Schenken Sie Ihm Aufmerksamkeitskapazitäten, die die Nutzung Ihres Produktes durch die enorme Zeitersparnis erst frei schafft. In Abhängigkeit der Höhe der täglichen Zeitersparnis für den User, dürfen Sie ihm mehr oder weniger regelmäßig auch mit Push-Nachrichten und ähnlichen Aufmerksamkeitsvampiren Gründe geben, möglichst intensiv mit Ihrem Produkt zu interagieren – eine der wohl relevantesten KPIs ist und bleibt die Intensität der Nutzung, denn mehr tägliche Sichtkontakte und Interaktionen innerhalb einer App beispielsweise bedeuten mehr Berührungspunkte in allen möglichen situativen Kontexten. Gestalten Sie Ihren Service so einfach und bequem wie möglich. Im Optimalfall verfügen Sie über ausreichend granulierte Daten, um die Schwangerschaft bei Frauen und den Haarausfall bei Männern zu prognostizieren. Und all die Suchanfragen, Informationsbedürfnisse, zukünftig wahrscheinlich auftretenden Bedarfsäußerungen erst, Jesus!

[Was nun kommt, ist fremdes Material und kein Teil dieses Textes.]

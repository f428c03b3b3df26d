-- ===== src/Vault/Handles/Matching.antt =====
-- What each part of the pattern of `vaultIdsIn` in src/core/vault.ts makes of the text that `handleText` writes.
use agent_working_memory.Base.{
  ℕ, zero, suc, ◌≤◌, ◌≡◌, refl, ap, Bool, true, false, some, [], ◌∷◌, ◌++◌, length, take, drop, all,
  Text, codes, if◌then◌else◌, ==_refl, arith, and-true,
}
use mathlib.Core.List.{append_assoc}
use agent_working_memory.Vault.{ellipsis, handle_text, is_empty}
use agent_working_memory.Vault.Handles.{
  strip_prefix, is_type_char, is_tail_char, is_hex, drop_while, drop_up_to, closes, match_id,
  match_tail, match_type, match_handle,
}

strip_prefix-append : (p s : Text) → strip_prefix p (p ++ s) ≡ some s
unfolding strip_prefix
strip_prefix-append [] s = refl
strip_prefix-append (c ∷ p) s = ground (arith, ==_refl c, strip_prefix-append p s)

drop_while-append :
    (p : ℕ → Bool) (u : Text) (c : ℕ) (s : Text)
    → all p u ≡ true
    → p c ≡ false
    → drop_while p (u ++ c ∷ s) ≡ c ∷ s
unfolding drop_while
drop_while-append p [] c s h e = rw e refl
drop_while-append p (x ∷ u) c s h e = ground (arith, drop_while-append p u c s)

drop_up_to-append :
    (n : ℕ) (p : ℕ → Bool) (u : Text) (c : ℕ) (s : Text)
    → length u ≤ n
    → all p u ≡ true
    → p c ≡ false
    → drop_up_to n p (u ++ c ∷ s) ≡ c ∷ s
unfolding drop_up_to
drop_up_to-append zero p [] c s l h e = refl
drop_up_to-append zero p (x ∷ u) c s l h e = absurd (omega arith)
drop_up_to-append (suc n) p [] c s l h e = rw e refl
drop_up_to-append (suc n) p (x ∷ u) c s l h e = ground (arith, drop_up_to-append n p u c s)

take-append : (n : ℕ) (id s : Text) → length id ≡ n → take n (id ++ s) ≡ id
take-append zero [] s l = refl
take-append zero (c ∷ id) s l = absurd (omega arith)
take-append (suc n) [] s l = absurd (omega arith)
take-append (suc n) (c ∷ id) s l = ap (◌∷◌ c) (take-append n id s (omega arith))

drop-append : (n : ℕ) (id s : Text) → length id ≡ n → drop n (id ++ s) ≡ s
drop-append zero [] s l = refl
drop-append zero (c ∷ id) s l = absurd (omega arith)
drop-append (suc n) [] s l = absurd (omega arith)
drop-append (suc n) (c ∷ id) s l = drop-append n id s (omega arith)

pub match_id_lem :
    (id rest : Text)
    → all is_hex id ≡ true
    → length id ≡ 12
    → match_id (codes " #" ++ id ++ b']' ∷ rest) ≡ some (id, rest)
unfolding match_id closes strip_prefix
match_id_lem id rest h l =
    rw (take-append 12 id (b']' ∷ rest) l, drop-append 12 id (b']' ∷ rest) l, h, l) refl

pub match_tail_none :
    (id rest : Text)
    → all is_hex id ≡ true
    → length id ≡ 12
    → match_tail (codes " #" ++ id ++ b']' ∷ rest) ≡ some (id, rest)
unfolding match_tail
match_tail_none id rest h l = match_id_lem id rest h l

match_tail-some :
    (l4 id rest : Text) (c : ℕ)
    → all is_tail_char (c ∷ l4) ≡ true
    → length l4 ≤ 3
    → all is_hex id ≡ true
    → length id ≡ 12
    → match_tail (b' ' ∷ ellipsis ∷ c ∷ l4 ++ (codes " #" ++ (id ++ b']' ∷ rest))) ≡ some (id, rest)
unfolding match_tail strip_prefix
match_tail-some l4 id rest c t n h l =
    let (hc, hs) = and-true (is_tail_char c) (all is_tail_char l4) t in
    rw (hc, drop_up_to-append 3 is_tail_char l4 b' ' (b'#' ∷ id ++ b']' ∷ rest) n hs refl)
      (match_id_lem id rest h l)

-- What follows the type in a handle.
unfoldable pub closing : Text → Text → Text → Text
closing last4 id rest =
    (if is_empty last4 then codes " #" else b' ' ∷ ellipsis ∷ last4 ++ codes " #")
    ++ (id ++ b']' ∷ rest)

pub match_tail-closing :
    (l4 id rest : Text)
    → all is_tail_char l4 ≡ true
    → length l4 ≤ 4
    → all is_hex id ≡ true
    → length id ≡ 12
    → match_tail (closing l4 id rest) ≡ some (id, rest)
unfolding closing
match_tail-closing [] id rest t n h l = match_tail_none id rest h l
match_tail-closing (c ∷ l4) id rest t n h l =
    rw (append_assoc l4 (codes " #") (id ++ b']' ∷ rest))
      (match_tail-some l4 id rest c t (omega arith) h l)

closing-starts : (l4 id rest : Text) → (s : Text) × (closing l4 id rest ≡ b' ' ∷ s)
unfolding closing
closing-starts [] id rest = (b'#' ∷ id ++ b']' ∷ rest, refl)
closing-starts (c ∷ l4) id rest = (ellipsis ∷ c ∷ l4 ++ codes " #" ++ (id ++ b']' ∷ rest), refl)

pub match_type-append :
    (ty s : Text) (c : ℕ)
    → all is_type_char (c ∷ ty) ≡ true
    → match_type (c ∷ ty ++ b' ' ∷ s) ≡ match_tail (b' ' ∷ s)
unfolding match_type
match_type-append ty s c t =
    let (hc, hs) = and-true (is_type_char c) (all is_type_char ty) t in
    rw (hc, drop_while-append is_type_char ty b' ' s hs refl) refl

pub handle_text-append :
    (ty l4 id rest : Text)
    → handle_text ty l4 id ++ rest ≡ codes "[VAULT:" ++ (ty ++ closing l4 id rest)
unfolding handle_text closing
handle_text-append ty l4 id rest = simp append_assoc

pub match_handle_lem :
    (c : ℕ) (ty l4 id rest : Text)
    → all is_type_char (c ∷ ty) ≡ true
    → all is_tail_char l4 ≡ true
    → length l4 ≤ 4
    → all is_hex id ≡ true
    → length id ≡ 12
    → match_handle (handle_text (c ∷ ty) l4 id ++ rest) ≡ some (id, rest)
unfolding match_handle
match_handle_lem c ty l4 id rest t q n h l =
    let (s, e) = closing-starts l4 id rest in
    rw (handle_text-append (c ∷ ty) l4 id rest, e, match_type-append ty s c t, ← e)
      (match_tail-closing l4 id rest q n h l)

Wer als Unternehmen stets präsent im Kopf der Nutzer sein möchte, kommt an gewohnheitsbildendem Produktdesign nicht vorbei. Und das wiederum sollte dringlichst in der Werbekommunikation berücksichtigt werden, um die nötigen Trigger im Kopf der Rezipienten durch klassische Konditionierung zu etablieren. Untersuchen Sie alle digitalen wie analogen Touchpoints stets auf Möglichkeiten zur kognitiven Gewohnheitsbildung – wenn Sie schon in den intimsten Gehirnregionen der Menschen ihr Unwesen treiben müssen, um den Kapitalismus tapfer bis zur letzten überzogenen Kreditkarte zu feiern, dann entschädigen Sie die Opfer Ihrer Psychowerbepropaganda wenigstens mit personalisierter Unterhaltung. Ein Social Login und Sie haben das halbe Leben des Users in Echtzeit mit Ihrer Datenbank synchronisiert. Theoretisch, zumindest. Noch.

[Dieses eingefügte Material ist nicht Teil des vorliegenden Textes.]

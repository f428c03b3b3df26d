-- ===== src/Vault/Handles/Reading.antt =====
-- The ids that `vaultIdsIn` of src/core/vault.ts finds where a handle stands in a text.
use agent_working_memory.Base.{
  ℕ, zero, ◌-◌, ◌≤◌, ◌≡◌, refl, ap, ◌∙◌, Bool, true, false, not, none, some, [], ◌∷◌, ◌++◌, length,
  drop, all, Text, ◌==◌, arith, length-append,
}
use agent_working_memory.Vault.{handle_text, is_empty}
use agent_working_memory.Vault.Handles.{
  strip_prefix, is_type_char, is_tail_char, is_hex, match_handle, ids_from, vault_ids_in,
}
use agent_working_memory.Vault.Handles.Matching.{match_handle_lem}

-- The rest of a match is passed over.
ids_from-skip : (u s : Text) → ids_from (length u) (u ++ s) ≡ ids_from zero s
unfolding ids_from
ids_from-skip [] s = refl
ids_from-skip (c ∷ u) [] = ids_from-skip u []
ids_from-skip (c ∷ u) (d ∷ s) = ids_from-skip u (d ∷ s)

ids_from-match :
    (c : ℕ) (u id rest : Text)
    → match_handle (c ∷ u ++ rest) ≡ some (id, rest)
    → ids_from zero (c ∷ u ++ rest) ≡ id ∷ ids_from zero rest
unfolding ids_from
ids_from-match c u id rest e =
    let n : length (u ++ rest) - length rest ≡ length u = omega (arith, length-append {0} u rest) in
    rw (ids_from, e, n) (ap (◌∷◌ id) (ids_from-skip u rest))

abbrev pub is_plain : ℕ → Bool
is_plain c = not (c == b'[')

-- Text without an opening bracket holds no handle.
match_handle-other : (c : ℕ) (s : Text) → (c == b'[') ≡ false → match_handle (c ∷ s) ≡ none
unfolding match_handle strip_prefix
match_handle-other c s h = ground arith

pub ids_from-plain :
    (pre s : Text) → all is_plain pre ≡ true → ids_from zero (pre ++ s) ≡ ids_from zero s
unfolding ids_from
ids_from-plain [] s h = refl
ids_from-plain (c ∷ pre) s h =
    rw (ids_from, match_handle-other c (pre ++ s) (ground arith))
      (ids_from-plain pre s (ground arith))

-- The id of every handle that a sealed value's type, last characters and id make is found again, where
-- the type is letters and underscores, the last characters are none, or up to four without white
-- space, `#` and `]`, and the id is twelve hexadecimal digits: in a text without `[` before the
-- handle, whatever follows it, the ids are that id and those of what follows.
pub vault_ids_in-handle_text :
    (pre ty l4 id rest : Text)
    → all is_plain pre ≡ true
    → is_empty ty ≡ false
    → all is_type_char ty ≡ true
    → length l4 ≤ 4
    → all is_tail_char l4 ≡ true
    → length id ≡ 12
    → all is_hex id ≡ true
    → vault_ids_in (pre ++ (handle_text ty l4 id ++ rest)) ≡ id ∷ vault_ids_in rest
unfolding vault_ids_in
vault_ids_in-handle_text pre [] l4 id rest p e t n q l h = cc
vault_ids_in-handle_text pre (c ∷ ty) l4 id rest p e t n q l h =
    ids_from-plain pre (handle_text (c ∷ ty) l4 id ++ rest) p ∙ found
  where
    found : ids_from zero (handle_text (c ∷ ty) l4 id ++ rest) ≡ id ∷ ids_from zero rest
    found =
        unfold handle_text in
        ids_from-match b'[' (drop 1 (handle_text (c ∷ ty) l4 id)) id rest
          (match_handle_lem c ty l4 id rest t q n h l)
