-- ===== src/Vault/Opening.antt =====
-- What comes back from the vault of src/core/vault.ts: by the id of a handle, and by the ids in a text.
use agent_working_memory.Base.{
  ℕ, ◌-◌, ◌≤◌, ◌≡◌, refl, sym, ap, ◌∙◌, subst, Bool, true, false, none, some, List, [], ◌∷◌, ◌++◌,
  Text, any, all, take, length, find?, find?-sound, All-find?, text_eq_iff, text_eq_refl,
  Bool-cases, inl, inr, arith, ◌⊎◌, all-take, length-take, length-drop, leb,
}
use agent_working_memory.Vault.{
  Crypto, Row, Vault, seal, open_item, open_row, has_id, has_fingerprint, row_of, normalise_id,
  new_row, handle_of, last_four, is_empty,
}
use agent_working_memory.Vault.Handles.{is_hex, is_type_char, is_tail_char, vault_ids_in}
use agent_working_memory.Vault.Handles.Reading.{is_plain, vault_ids_in-handle_text}
use agent_working_memory.Vault.Sealing.{
  IsSound, IsValid, IsSealed, normalise_id-hex, find?-own_id, seal-cases, append-IsValid,
}

find?-append :
    (q : Row → Bool) (rs : List Row) (r : Row)
    → find? q rs ≡ none
    → q r ≡ true
    → find? q (rs ++ r ∷ []) ≡ some r
find?-append q [] r n t = rw t refl
find?-append q (x ∷ xs) r n t = ground (arith, find?-append q xs r)

length-last_four : (value : Text) → length (last_four value) ≤ 4
length-last_four value = elim (Bool-cases (leb 12 (length value))) [
  | inl e ↦ rw e (omega (arith, length-drop (length value - 4) value))
  | inr e ↦ rw e (omega arith)
]

module _ (crypto : Crypto) where
  seal-found :
      (value type label iv : Text) (now : ℕ) (v : Vault) {r : Row}
      → find? (has_fingerprint (crypto.fingerprint value)) v.items ≡ some r
      → seal crypto value type label iv now v ≡ some (v, handle_of r)
  unfolding seal
  seal-found value type label iv now v e = rw (seal, e) refl

  -- Sealing a value that is sealed already, whatever its kind, label, initial bytes and time, gives the same handle and
  -- changes nothing.
  pub seal-seal :
      (value type label iv type' label' iv' : Text) (now now' : ℕ) (v : Vault) {w : Vault}
      {h : Text}
      → seal crypto value type label iv now v ≡ some (w, h)
      → seal crypto value type' label' iv' now' w ≡ some (w, h)
  unfolding seal
  seal-seal value type label iv type' label' iv' now now' v {w} {h} e =
      elim (seal-cases crypto value type label iv now v e) [
        | inl (r, f, p, q) ↦
            seal-found value type' label' iv' now' w {r = r} (rw p f)
            ∙ ap (λ t. some (w, t)) (sym q)
        | inr (f, n, p, q) ↦
            seal-found value type' label' iv' now' w {r = new_row crypto value type label iv now} (
              rw p (
                find?-append (has_fingerprint (crypto.fingerprint value)) v.items
                  (new_row crypto value type label iv now) f
                  (text_eq_refl (crypto.fingerprint value))))
            ∙ ap (λ t. some (w, t)) (sym q)
      ]

module _ (crypto : Crypto) (sound : IsSound crypto) where
  id_of-hex : (value : Text) → all is_hex (take 12 (crypto.fingerprint value)) ≡ true
  id_of-hex value = all-take is_hex 12 (crypto.fingerprint value) (sound.hexadecimal value)

  row_of-own :
      (q : Row → Bool) (v : Vault) {r : Row}
      → IsValid crypto v
      → find? q v.items ≡ some r
      → row_of r.id v ≡ some r
  row_of-own q v {r} a e =
      let (x, o, p, d) = All-find? (IsSealed crypto) q v.items a.sealed e in
      let n : normalise_id r.id ≡ r.id =
        normalise_id-hex r.id
          (subst (λ t. all is_hex t ≡ true) (ap (take 12) p ∙ sym d) (id_of-hex x)) in
      subst (λ t. find? (has_id t) v.items ≡ some r) (sym n) (find?-own_id q v.items a.own_ids e)

  open_item-row :
      (id : Text) (v : Vault) {r : Row}
      → row_of id v ≡ some r
      → open_item crypto id v ≡ open_row crypto r
  unfolding open_item
  open_item-row id v e = rw (open_item, e) refl

  new_row-found :
      (value type label iv : Text) (now : ℕ) (v : Vault)
      → IsValid crypto v
      → find? (has_fingerprint (crypto.fingerprint value)) v.items ≡ none
      → any (has_id (take 12 (crypto.fingerprint value))) v.items ≡ false
      → row_of
          (take 12 (crypto.fingerprint value))
          (record { items = v.items ++ new_row crypto value type label iv now ∷ []; known = none })
        ≡ some (new_row crypto value type label iv now)
  new_row-found value type label iv now v a f n =
      row_of-own (has_fingerprint (crypto.fingerprint value)) _
        (append-IsValid crypto sound value type label iv now v a n)
        (find?-append (has_fingerprint (crypto.fingerprint value)) v.items
          (new_row crypto value type label iv now) f (text_eq_refl (crypto.fingerprint value)))

  -- Where `seal` does not fail, its handle is that of an item, which opens by its id to a value with the fingerprint of
  -- the sealed one, and to the value itself unless there was an item with that fingerprint before.
  pub open_item-seal :
      (value type label iv : Text) (now : ℕ) (v : Vault) {w : Vault} {h : Text}
      → IsValid crypto v
      → seal crypto value type label iv now v ≡ some (w, h)
      → (r : Row) × (x : Text) × (h ≡ handle_of r)
        × (row_of r.id w ≡ some r)
        × (open_item crypto r.id w ≡ some x)
        × (crypto.fingerprint x ≡ crypto.fingerprint value)
        × ((x ≡ value) ⊎ (find? (has_fingerprint (crypto.fingerprint value)) v.items ≡ some r))
  open_item-seal value type label iv now v {w} {h} a e =
      elim (seal-cases crypto value type label iv now v e) [
        | inl (r, f, p, q) ↦
            let (x, o, k, d) =
              All-find? (IsSealed crypto) (has_fingerprint (crypto.fingerprint value)) v.items
                a.sealed f in
            let n : row_of r.id v ≡ some r =
              row_of-own (has_fingerprint (crypto.fingerprint value)) v a f in
            (
              r,
              x,
              q,
              rw p n,
              rw p (open_item-row r.id v n ∙ o),
              k
                  ∙ (text_eq_iff r.fingerprint (crypto.fingerprint value)).0
                      (find?-sound (has_fingerprint (crypto.fingerprint value)) v.items f),
              inr f,
            )
        | inr (f, n, p, q) ↦
            let m = new_row-found value type label iv now v a f n in
            (
              new_row crypto value type label iv now,
              value,
              q,
              rw p m,
              rw p (open_item-row (take 12 (crypto.fingerprint value)) _ m ∙ sound.opens iv value),
              refl,
              inl refl,
            )
      ]

  -- A new value's handle, put into a text that has no `[` before it, leads back to the value: its id is the
  -- first that is found in the text, before those of what follows, and opens to the value. The type is letters
  -- and underscores, and the last four characters, where the value has twelve, hold no white space, `#` or `]`.
  pub vault_ids_in-seal :
      (value type label iv pre rest : Text) (now : ℕ) (v : Vault) {w : Vault} {h : Text}
      → IsValid crypto v
      → find? (has_fingerprint (crypto.fingerprint value)) v.items ≡ none
      → is_empty type ≡ false
      → all is_type_char type ≡ true
      → all is_tail_char (last_four value) ≡ true
      → all is_plain pre ≡ true
      → seal crypto value type label iv now v ≡ some (w, h)
      → (id : Text) × (vault_ids_in (pre ++ (h ++ rest)) ≡ id ∷ vault_ids_in rest)
        × (open_item crypto id w ≡ some value)
  vault_ids_in-seal value type label iv pre rest now v {w} {h} a f ne ty tl pl e =
      elim (seal-cases crypto value type label iv now v e) [
        | inl (r, g, p, q) ↦ absurd (cc)
        | inr (g, n, p, q) ↦
            let id : Text = take 12 (crypto.fingerprint value) in
            (
              id,
              rw q (
                  vault_ids_in-handle_text pre type (last_four value) id rest pl ne ty
                    (length-last_four value) tl
                    (length-take 12 (crypto.fingerprint value) (sound.long value))
                    (id_of-hex value)),
              rw p (
                  open_item-row id _ (new_row-found value type label iv now v a f n)
                  ∙ sound.opens iv value),
            )
      ]
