-- ===== src/Vault/Handles/Refusing.antt =====
-- Handles of src/core/vault.ts in which `vaultIdsIn` finds no id.
use agent_working_memory.Base.{
  ℕ, zero, suc, ◌≤◌, ◌<◌, ◌≡◌, refl, sym, ap, ◌∙◌, Bool, true, false, none, [], ◌∷◌, ◌++◌, length,
  take, drop, all, Text, codes, arith, Bool-cases, inl, inr, all-append, all_mono,
}
use mathlib.Core.List.{append_assoc, append-nil}
use agent_working_memory.Vault.{ellipsis, handle_text, is_empty}
use agent_working_memory.Vault.Handles.{
  strip_prefix, is_type_char, is_tail_char, is_hex, drop_up_to, closes, match_id, match_tail,
  match_type, match_handle, ids_from, vault_ids_in,
}
use agent_working_memory.Vault.Handles.Matching.{match_type-append, closing}
use agent_working_memory.Vault.Handles.Reading.{is_plain, ids_from-plain}

-- Where a class stops inside a text, what is left starts with a character outside it.
drop_up_to-stops :
    (n : ℕ) (p : ℕ → Bool) (u s : Text)
    → length u ≤ n
    → all p u ≡ false
    → (y : ℕ) × (w : Text) × (drop_up_to n p (u ++ s) ≡ y ∷ w ++ s)
      × (p y ≡ false)
      × (length w < length u)
unfolding drop_up_to
drop_up_to-stops n p [] s l e = cc
drop_up_to-stops zero p (x ∷ u) s l e = absurd (omega arith)
drop_up_to-stops (suc n) p (x ∷ u) s l e = elim (Bool-cases (p x)) [
  | inr f ↦ (x, u, rw f refl, f, omega arith)
  | inl t ↦
      let (y, w, q, f, m) = drop_up_to-stops n p u s (omega arith) (ground arith) in
      (y, w, rw t q, f, omega arith)
]

closes-refused : (id s : Text) → all is_hex id ≡ false → closes id s ≡ none
unfolding closes
closes-refused id [] e = refl
closes-refused id (c ∷ s) e = ground arith

match_id-refused : (y : ℕ) (w s : Text) → length w ≤ 2 → match_id (y ∷ w ++ b' ' ∷ b'#' ∷ s) ≡ none
unfolding match_id strip_prefix
match_id-refused y [] s n = ground arith
match_id-refused y (a ∷ []) s n =
    ground (arith, closes-refused (take 12 (b' ' ∷ b'#' ∷ s)) (drop 12 (b' ' ∷ b'#' ∷ s)) refl)
match_id-refused y (a ∷ b ∷ []) s n =
    let t : Text = b ∷ b' ' ∷ b'#' ∷ s in
    ground (arith, closes-refused (take 12 t) (drop 12 t) (ground arith))
match_id-refused y (a ∷ b ∷ c ∷ w) s n = absurd (omega arith)

match_tail-refused :
    (c : ℕ) (l4 s : Text)
    → length (c ∷ l4) ≤ 4
    → all is_tail_char (c ∷ l4) ≡ false
    → match_tail (b' ' ∷ ellipsis ∷ c ∷ l4 ++ b' ' ∷ b'#' ∷ s) ≡ none
unfolding match_tail strip_prefix
match_tail-refused c l4 s n q = elim (Bool-cases (is_tail_char c)) [
  | inr f ↦ rw f refl
  | inl t ↦
      let (y, w, e, f, m) =
        drop_up_to-stops 3 is_tail_char l4 (b' ' ∷ b'#' ∷ s) (omega arith) (ground arith) in
      rw (t, e) (match_id-refused y w s (omega arith))
]

handle_text-closing :
    (ty l4 id : Text) → handle_text ty l4 id ≡ codes "[VAULT:" ++ (ty ++ closing l4 id [])
unfolding handle_text closing
handle_text-closing ty l4 id = simp append_assoc

type_char_plain : (c : ℕ) → is_type_char c ≡ true → is_plain c ≡ true
type_char_plain c h = ground arith

closing_plain :
    (l4 id : Text)
    → all is_plain l4 ≡ true
    → all is_plain id ≡ true
    → all is_plain (closing l4 id []) ≡ true
unfolding closing
closing_plain [] id p r = all-append is_plain id (codes "]") r refl
closing_plain (c ∷ l4) id p r =
    all-append is_plain (c ∷ l4 ++ codes " #") (id ++ codes "]")
      (all-append is_plain (c ∷ l4) (codes " #") p refl) (all-append is_plain id (codes "]") r refl)

-- A sealed value whose last four characters hold white space, `#` or `]` has a handle in which no id is
-- found, where these characters are one to four and hold no `[`, the type is letters and underscores and the
-- id holds no `[`.
pub vault_ids_in-unread :
    (ty l4 id : Text)
    → is_empty ty ≡ false
    → all is_type_char ty ≡ true
    → length l4 ≤ 4
    → all is_tail_char l4 ≡ false
    → all is_plain l4 ≡ true
    → all is_plain id ≡ true
    → vault_ids_in (handle_text ty l4 id) ≡ []
unfolding vault_ids_in
vault_ids_in-unread [] l4 id e t n q p r = cc
vault_ids_in-unread (k ∷ ty) [] id e t n q p r = cc
vault_ids_in-unread (k ∷ ty) (c ∷ l4) id e t n q p r =
    rw (handle_text-closing (k ∷ ty) (c ∷ l4) id) unread
  where
    behind : Text
    behind = closing (c ∷ l4) id []

    unmatched : match_type ((k ∷ ty) ++ behind) ≡ none
    unmatched =
        unfold closing in
        rw (append_assoc l4 (codes " #") (id ++ codes "]")) (
          match_type-append ty (ellipsis ∷ c ∷ l4 ++ (codes " #" ++ (id ++ codes "]"))) k t
          ∙ match_tail-refused c l4 (id ++ codes "]") n q)

    plain : all is_plain (codes "VAULT:" ++ ((k ∷ ty) ++ behind)) ≡ true
    plain =
        all-append is_plain (k ∷ ty) behind
          (all_mono is_type_char is_plain type_char_plain (k ∷ ty) t)
          (closing_plain (c ∷ l4) id p r)

    unread : ids_from zero (codes "[VAULT:" ++ ((k ∷ ty) ++ behind)) ≡ []
    unread =
        unfold match_handle in
        rw (ids_from, unmatched)
          (ap (ids_from zero) (sym (append-nil (codes "VAULT:" ++ ((k ∷ ty) ++ behind))))
            ∙ ids_from-plain (codes "VAULT:" ++ ((k ∷ ty) ++ behind)) [] plain)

Erklärungsbedürftige Produkte müssen Nutzern Belohnungen und Gegenleistungen für die zusätzliche Einarbeitungszeit anbieten. Diese Belohnungen können aus gamifizierten Elementen bspw. in Formularen oder ganz klassisch aus Rabatten und Sonderaktionen bestehen, die für erfolgreich absolviertes „Produkttraining“ freigeschaltet werden. Jedenfalls müssen Werbetreibende Ihre Audienz mit Werbung zunächst für deren Aufmerksamkeit bezahlen. Das tollste Produkt wird als nervig empfunden, wenn die Website auf dem Handy nicht zwischen zwei Auflösungen entscheiden kann und pseudo-responsiv umherspackt, bis sich der Browser aufhängt und das Endgerät vom Nutzer in Flammen aufgeht. Toll gemacht, werbetreibendes Unternehmen!

Wie wäre es mit einer springenden Katze als GIF-Animation für die Verlinkung der E-Mail im Impressum, huh? Um diese durch treue Nutzer und Kunden im späteren Verlauf der Kundenbeziehung durch die gewohnheitsmäßige Nutzung „kostenlos“ zurück zu erhalten. Ihr Marketingbudget ist in weiten Teilen vergleichbar mit einer Wette auf die Resonanzfähigkeit Ihrer Werbebotschaft.